[Records from a data collection]
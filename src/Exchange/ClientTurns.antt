-- ===== src/Exchange/ClientTurns.antt =====
-- A turn of the client of this repository on a positive reply.
use iu7_pvs_cp.Base.{
  NoZero, ◌+◌, ◌≤◌, true, [], ◌∷◌, ◌++◌, some, inl, ◌≡◌, refl, ap, sym, ◌∙◌, subst, Bytes, codes,
  length, take-length, arith, FdSet,
}
use iu7_pvs_cp.StringUtils.Crlf.{NoReturn}
use iu7_pvs_cp.Client.Fsm.{
  FsmState, FsmTrans, tr_connect, tr_data, tr_ehlo, tr_error, tr_finish, tr_invalid, tr_mf, tr_quit,
  tr_rt, ev_ok, s_quit, finish,
}
use iu7_pvs_cp.Client.Connection.{Conn}
use iu7_pvs_cp.Client.Handlers.{stepped, client_fsm_step}
use iu7_pvs_cp.Client.Handlers.Sending.{sent, join, command}
use iu7_pvs_cp.Client.Messages.{good}
use iu7_pvs_cp.Client.Io.{after_step, judged, send_size, offered, conn_write}
use iu7_pvs_cp.Client.Io.Replies.{Gives, gives_ok, used, process_conn_read-reply}
use iu7_pvs_cp.Exchange.{ClientTurn, on_read, client_turn}

-- A connection of the mail of `c0` that has sent and used everything.
pub record IsIdle (c0 : Conn) (st : FsmState) (c : Conn) : Type 0 where
  pub in_state : c.state ≡ st
  pub all_sent : c.to_send ≡ 0
  pub all_used : c.to_receive ≡ 0
  pub same_mail : c.mail ≡ c0.mail
  pub same_sender : c.sender ≡ c0.sender
  pub same_receiver : c.to ≡ c0.to
  pub same_system : c.system ≡ c0.system

-- The command of a transition depends on the mail alone.
command-IsIdle :
    (t : FsmTrans) {st : FsmState} (c0 c : Conn) → IsIdle c0 st c → command t c ≡ command t c0
unfolding command
command-IsIdle tr_connect c0 c i = refl
command-IsIdle tr_data c0 c i = ap (λ m. join m.mail_text ++ codes "\r\n.\r\n") i.same_mail
command-IsIdle tr_ehlo c0 c i = ap (λ x. codes "MAIL FROM:<" ++ (x ++ codes ">\r\n")) i.same_sender
command-IsIdle tr_error c0 c i = refl
command-IsIdle tr_finish c0 c i = refl
command-IsIdle tr_invalid c0 c i = refl
command-IsIdle tr_mf c0 c i = ap (λ x. codes "RCPT TO:<" ++ (x ++ codes ">\r\n")) i.same_receiver
command-IsIdle tr_quit c0 c i = refl
command-IsIdle tr_rt c0 c i = refl

send_size-sent :
    (nx : FsmState) (d : Conn) (set : FdSet) (b : Bytes)
    → d.to_send ≡ 0
    → length b ≤ 1000000
    → send_size (sent nx d set b).conn ≡ length b
unfolding send_size sent
send_size-sent nx d set b e l = ground arith

-- All of a command is sent at once.
sent_at_once :
    (nx : FsmState) (d : Conn) (set : FdSet) (b : Bytes)
    → d.to_send ≡ 0
    → length b ≤ 1000000
    → offered (sent nx d set b).conn ≡ b
unfolding offered sent
sent_at_once nx d set b e l = rw (send_size-sent nx d set b e l) (rw e (take-length b))

-- A positive reply of one line: the client sends the command of its state and moves on.
pub client_turn-IsIdle :
    (c0 c : Conn) (set : FdSet) (line : Bytes) {st : FsmState} (nx : FsmState) (t : FsmTrans)
    → IsIdle c0 st c
    → NoReturn line
    → NoZero line
    → ((d : Conn) → d.system ≡ c0.system → judged d (line ++ (b'\r' ∷ b'\n' ∷ [])) ≡ good)
    → ((d : Conn)
        → IsIdle c0 st d
        → client_fsm_step st ev_ok d set ≡ stepped (sent nx d set (command t d)))
    → length (command t c0) ≤ 1000000
    → (r : ClientTurn) × (client_turn c set (line ++ (b'\r' ∷ b'\n' ∷ [])) ≡ some r)
      × (r.bytes ≡ command t c0)
      × IsIdle c0 nx r.conn
unfolding client_turn conn_write sent
client_turn-IsIdle c0 c set line {st} nx t i n z g step l =
    let d = used c line [] in
    let idle : IsIdle c0 st d = record {
      in_state = i.in_state;
      all_sent = i.all_sent;
      all_used = refl;
      same_mail = i.same_mail;
      same_sender = i.same_sender;
      same_receiver = i.same_receiver;
      same_system = i.same_system;
    } in
    let short : length (command t d) ≤ 1000000 =
      subst (λ b. length b ≤ 1000000) (sym (command-IsIdle t c0 d idle)) l in
    let read =
      process_conn_read-reply (c.to_receive + length (line ++ (b'\r' ∷ b'\n' ∷ []))) c set line []
        ev_ok i.all_used n z (inl (omega arith))
        (subst (λ v. Gives v ev_ok) (sym (g d i.same_system)) gives_ok) in
    let stepped_on = ap (λ x. client_fsm_step x ev_ok d set) i.in_state ∙ step d idle in
    (
      record {
        conn =
            conn_write (sent nx d set (command t d)).conn
              (send_size (sent nx d set (command t d)).conn);
        write_fs = (sent nx d set (command t d)).write_fs;
        bytes = offered (sent nx d set (command t d)).conn;
      },
      ap on_read (read.0 ∙ ap (λ r. after_step r true) stepped_on),
      sent_at_once nx d set (command t d) i.all_sent short ∙ command-IsIdle t c0 d idle,
      record {
        in_state = refl;
        all_sent =
            let a = i.all_sent in
            let z = send_size-sent nx d set (command t d) i.all_sent short in omega arith;
        all_used = refl;
        same_mail = i.same_mail;
        same_sender = i.same_sender;
        same_receiver = i.same_receiver;
        same_system = i.same_system;
      },
    )

-- The positive reply to QUIT: nothing is sent any more.
pub client_turn-finish :
    (c0 c : Conn) (set : FdSet) (line : Bytes)
    → IsIdle c0 s_quit c
    → NoReturn line
    → NoZero line
    → ((d : Conn) → d.system ≡ c0.system → judged d (line ++ (b'\r' ∷ b'\n' ∷ [])) ≡ good)
    → (r : ClientTurn) × (client_turn c set (line ++ (b'\r' ∷ b'\n' ∷ [])) ≡ some r)
      × (r.bytes ≡ [])
      × (r.conn.state ≡ finish)
unfolding client_turn conn_write offered send_size client_fsm_step
client_turn-finish c0 c set line i n z g =
    let d = used c line [] in
    let e = record d { state = finish } in
    let read =
      process_conn_read-reply (c.to_receive + length (line ++ (b'\r' ∷ b'\n' ∷ []))) c set line []
        ev_ok i.all_used n z (inl (omega arith))
        (subst (λ v. Gives v ev_ok) (sym (g d i.same_system)) gives_ok) in
    (
      record { conn = conn_write e (send_size e); write_fs = set; bytes = offered e },
      ap on_read (read.0 ∙ ap (λ x. after_step (client_fsm_step x ev_ok d set) true) i.in_state),
      rw (i.all_sent, send_size) refl,
      refl,
    )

> **TASK DIRECTIONS**
Each line above needs to be output again, exactly as shown.

> **EXERCISE RESPONSE**
filename src/Exchange/ClientTurns.antt
-- ===== src/Exchange/ClientTurns.antt =====
-- A turn of the client of this repository on a positive reply.
use iu7_pvs_cp.Base.{
  NoZero, ◌+◌, ◌≤◌, true, [], ◌∷◌, ◌++◌, some, inl, ◌≡◌, refl, ap, sym, ◌∙◌, subst, Bytes, codes,
  length, take-length, arith, FdSet,
}
use iu7_pvs_cp.StringUtils.Crlf.{NoReturn}
use iu7_pvs_cp.Client.Fsm.{
  FsmState, FsmTrans, tr_connect, tr_data, tr_ehlo, tr_error, tr_finish, tr_invalid, tr_mf, tr_quit,
  tr_rt, ev_ok, s_quit, finish,
}
use iu7_pvs_cp.Client.Connection.{Conn}
use iu7_pvs_cp.Client.Handlers.{stepped, client_fsm_step}
use iu7_pvs_cp.Client.Handlers.Sending.{sent, join, command}
use iu7_pvs_cp.Client.Messages.{good}
use iu7_pvs_cp.Client.Io.{after_step, judged, send_size, offered, conn_write}
use iu7_pvs_cp.Client.Io.Replies.{Gives, gives_ok, used, process_conn_read-reply}
use iu7_pvs_cp.Exchange.{ClientTurn, on_read, client_turn}

-- A connection of the mail of `c0` that has sent and used everything.
pub record IsIdle (c0 : Conn) (st : FsmState) (c : Conn) : Type 0 where
  pub in_state : c.state ≡ st
  pub all_sent : c.to_send ≡ 0
  pub all_used : c.to_receive ≡ 0
  pub same_mail : c.mail ≡ c0.mail
  pub same_sender : c.sender ≡ c0.sender
  pub same_receiver : c.to ≡ c0.to
  pub same_system : c.system ≡ c0.system

-- The command of a transition depends on the mail alone.
command-IsIdle :
    (t : FsmTrans) {st : FsmState} (c0 c : Conn) → IsIdle c0 st c → command t c ≡ command t c0
unfolding command
command-IsIdle tr_connect c0 c i = refl
command-IsIdle tr_data c0 c i = ap (λ m. join m.mail_text ++ codes "\r\n.\r\n") i.same_mail
command-IsIdle tr_ehlo c0 c i = ap (λ x. codes "MAIL FROM:<" ++ (x ++ codes ">\r\n")) i.same_sender
command-IsIdle tr_error c0 c i = refl
command-IsIdle tr_finish c0 c i = refl
command-IsIdle tr_invalid c0 c i = refl
command-IsIdle tr_mf c0 c i = ap (λ x. codes "RCPT TO:<" ++ (x ++ codes ">\r\n")) i.same_receiver
command-IsIdle tr_quit c0 c i = refl
command-IsIdle tr_rt c0 c i = refl

send_size-sent :
    (nx : FsmState) (d : Conn) (set : FdSet) (b : Bytes)
    → d.to_send ≡ 0
    → length b ≤ 1000000
    → send_size (sent nx d set b).conn ≡ length b
unfolding send_size sent
send_size-sent nx d set b e l = ground arith

-- All of a command is sent at once.
sent_at_once :
    (nx : FsmState) (d : Conn) (set : FdSet) (b : Bytes)
    → d.to_send ≡ 0
    → length b ≤ 1000000
    → offered (sent nx d set b).conn ≡ b
unfolding offered sent
sent_at_once nx d set b e l = rw (send_size-sent nx d set b e l) (rw e (take-length b))

-- A positive reply of one line: the client sends the command of its state and moves on.
pub client_turn-IsIdle :
    (c0 c : Conn) (set : FdSet) (line : Bytes) {st : FsmState} (nx : FsmState) (t : FsmTrans)
    → IsIdle c0 st c
    → NoReturn line
    → NoZero line
    → ((d : Conn) → d.system ≡ c0.system → judged d (line ++ (b'\r' ∷ b'\n' ∷ [])) ≡ good)
    → ((d : Conn)
        → IsIdle c0 st d
        → client_fsm_step st ev_ok d set ≡ stepped (sent nx d set (command t d)))
    → length (command t c0) ≤ 1000000
    → (r : ClientTurn) × (client_turn c set (line ++ (b'\r' ∷ b'\n' ∷ [])) ≡ some r)
      × (r.bytes ≡ command t c0)
      × IsIdle c0 nx r.conn
unfolding client_turn conn_write sent
client_turn-IsIdle c0 c set line {st} nx t i n z g step l =
    let d = used c line [] in
    let idle : IsIdle c0 st d = record {
      in_state = i.in_state;
      all_sent = i.all_sent;
      all_used = refl;
      same_mail = i.same_mail;
      same_sender = i.same_sender;
      same_receiver = i.same_receiver;
      same_system = i.same_system;
    } in
    let short : length (command t d) ≤ 1000000 =
      subst (λ b. length b ≤ 1000000) (sym (command-IsIdle t c0 d idle)) l in
    let read =
      process_conn_read-reply (c.to_receive + length (line ++ (b'\r' ∷ b'\n' ∷ []))) c set line []
        ev_ok i.all_used n z (inl (omega arith))
        (subst (λ v. Gives v ev_ok) (sym (g d i.same_system)) gives_ok) in
    let stepped_on = ap (λ x. client_fsm_step x ev_ok d set) i.in_state ∙ step d idle in
    (
      record {
        conn =
            conn_write (sent nx d set (command t d)).conn
              (send_size (sent nx d set (command t d)).conn);
        write_fs = (sent nx d set (command t d)).write_fs;
        bytes = offered (sent nx d set (command t d)).conn;
      },
      ap on_read (read.0 ∙ ap (λ r. after_step r true) stepped_on),
      sent_at_once nx d set (command t d) i.all_sent short ∙ command-IsIdle t c0 d idle,
      record {
        in_state = refl;
        all_sent =
            let a = i.all_sent in
            let z = send_size-sent nx d set (command t d) i.all_sent short in omega arith;
        all_used = refl;
        same_mail = i.same_mail;
        same_sender = i.same_sender;
        same_receiver = i.same_receiver;
        same_system = i.same_system;
      },
    )

-- The positive reply to QUIT: nothing is sent any more.
pub client_turn-finish :
    (c0 c : Conn) (set : FdSet) (line : Bytes)
    → IsIdle c0 s_quit c
    → NoReturn line
    → NoZero line
    → ((d : Conn) → d.system ≡ c0.system → judged d (line ++ (b'\r' ∷ b'\n' ∷ [])) ≡ good)
    → (r : ClientTurn) × (client_turn c set (line ++ (b'\r' ∷ b'\n' ∷ [])) ≡ some r)
      × (r.bytes ≡ [])
      × (r.conn.state ≡ finish)
unfolding client_turn conn_write offered send_size client_fsm_step
client_turn-finish c0 c set line i n z g =
    let d = used c line [] in
    let e = record d { state = finish } in
    let read =
      process_conn_read-reply (c.to_receive + length (line ++ (b'\r' ∷ b'\n' ∷ []))) c set line []
        ev_ok i.all_used n z (inl (omega arith))
        (subst (λ v. Gives v ev_ok) (sym (g d i.same_system)) gives_ok) in
    (
      record { conn = conn_write e (send_size e); write_fs = set; bytes = offered e },
      ap on_read (read.0 ∙ ap (λ x. after_step (client_fsm_step x ev_ok d set) true) i.in_state),
      rw (i.all_sent, send_size) refl,
      refl,
    )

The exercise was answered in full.